-- ===== src/Orders/Steps.antt =====
-- The creation and the cancellation of an order keep the tables good.
use Prim.Native.String.{String}
use text.Mathlib.Text.{◌==◌ as same_text}
use text.Mathlib.TextEquality.{eq_iff}
use tradedrift.Base.{
  and_left, and_right, negated, ◌≡◌, ◌∙◌, refl, sym, subst, Option, Option-cases, true, ◌&&◌,
  any_row, update_rows, inl, inr,
}
use tradedrift.Base.Post.{Post, Post-require, Post-check}
use tradedrift.Base.Swaps.{Swaps-All_old, update_rows-Swaps, any_row_none}
use tradedrift.Orders.Table.{Order, OrderTables, is_cancellable, is_unsettled}
use tradedrift.Orders.Repository.{
  create_order, update_status_to_cancelling, enqueue_release, settled_rows, settle_order,
}
use tradedrift.Orders.Lifecycle.{
  written, IsConsistent, order_key, Good, IsNew, enqueue_holds, enqueue_keeps, swapped-GoodOrders,
  created-GoodOrders, start_cancel-IsConsistent,
}

module _ {P : Type 0} (db : OrderTables P) (good : Good db) where
  pub create_order-Good :
      (o : Order) (payload : Option P) → IsNew o → Post Good (create_order o payload db)
  unfolding create_order
  create_order-Good o payload new = Post-check _ _ _ _ λ free. Post-check _ _ _ _ λ _.
      created-GoodOrders o db.orders db.wallet_releases new
        (any_row_none (λ (x : Order). same_text x.id o.id) db.orders (negated _ free)) good

  pub update_status_to_cancelling-Good :
      (o : Order) (payload : P) → Post Good (update_status_to_cancelling o payload db)
  unfolding update_status_to_cancelling
  update_status_to_cancelling-Good o payload =
      Post-require _ (update_rows _ _ db.orders) _ _ λ orders found.
        let (x, s, t) =
          update_rows-Swaps order_key _ _ o.id
            (λ a h.
              and_left (same_text a.id o.id)
                (same_text a.user_id o.user_id && is_cancellable a.status) h)
            db.orders orders good.ids found in
        let cancellable =
          and_right (same_text x.user_id o.user_id) _ (and_right (same_text x.id o.id) _ t) in
        swapped-GoodOrders db.wallet_releases db.wallet_releases refl s
          (start_cancel-IsConsistent x cancellable (Swaps-All_old _ s good.consistent)) (λ u. cc)
          (λ id h. h) good

  -- An unsettled order becomes filled or cancelled, and its release is queued.
  pub settle_order-Good :
      (f : Order → Order) (id : String)
      → ((o : Order) → (f o).id ≡ o.id)
      → ((o : Order) → is_unsettled o.status ≡ true → IsConsistent o → IsConsistent (f o))
      → Good (written (settle_order f id db) db)
  unfolding settle_order settled_rows
  settle_order-Good f id same fits =
      elim (Option-cases
        (update_rows (λ o. same_text o.id id && is_unsettled o.status) f db.orders)) [
          | inl e ↦ rw e good
          | inr (orders, e) ↦
              let (x, s, t) =
                update_rows-Swaps order_key _ f id
                  (λ a h. and_left (same_text a.id id) (is_unsettled a.status) h) db.orders orders
                  good.ids e in
              let x_id = (eq_iff x.id id).0 (and_left _ (is_unsettled x.status) t) in
              rw e (
                swapped-GoodOrders db.wallet_releases (enqueue_release id db.wallet_releases)
                  (same x) s
                  (fits x (and_right (same_text x.id id) _ t) (Swaps-All_old _ s good.consistent))
                  (λ u.
                    subst
                      (λ i. any_row (same_text i) (enqueue_release id db.wallet_releases) ≡ true)
                      (sym (same x ∙ x_id)) (enqueue_holds id db.wallet_releases))
                  (λ other h. enqueue_keeps id other db.wallet_releases h) good)
        ]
__________________________________________________
→ Action item
Which lines above include the word "true"? Show each one.

→ Exercise result
  and_left, and_right, negated, ◌≡◌, ◌∙◌, refl, sym, subst, Option, Option-cases, true, ◌&&◌,
      → ((o : Order) → is_unsettled o.status ≡ true → IsConsistent o → IsConsistent (f o))
                      (λ i. any_row (same_text i) (enqueue_release id db.wallet_releases) ≡ true)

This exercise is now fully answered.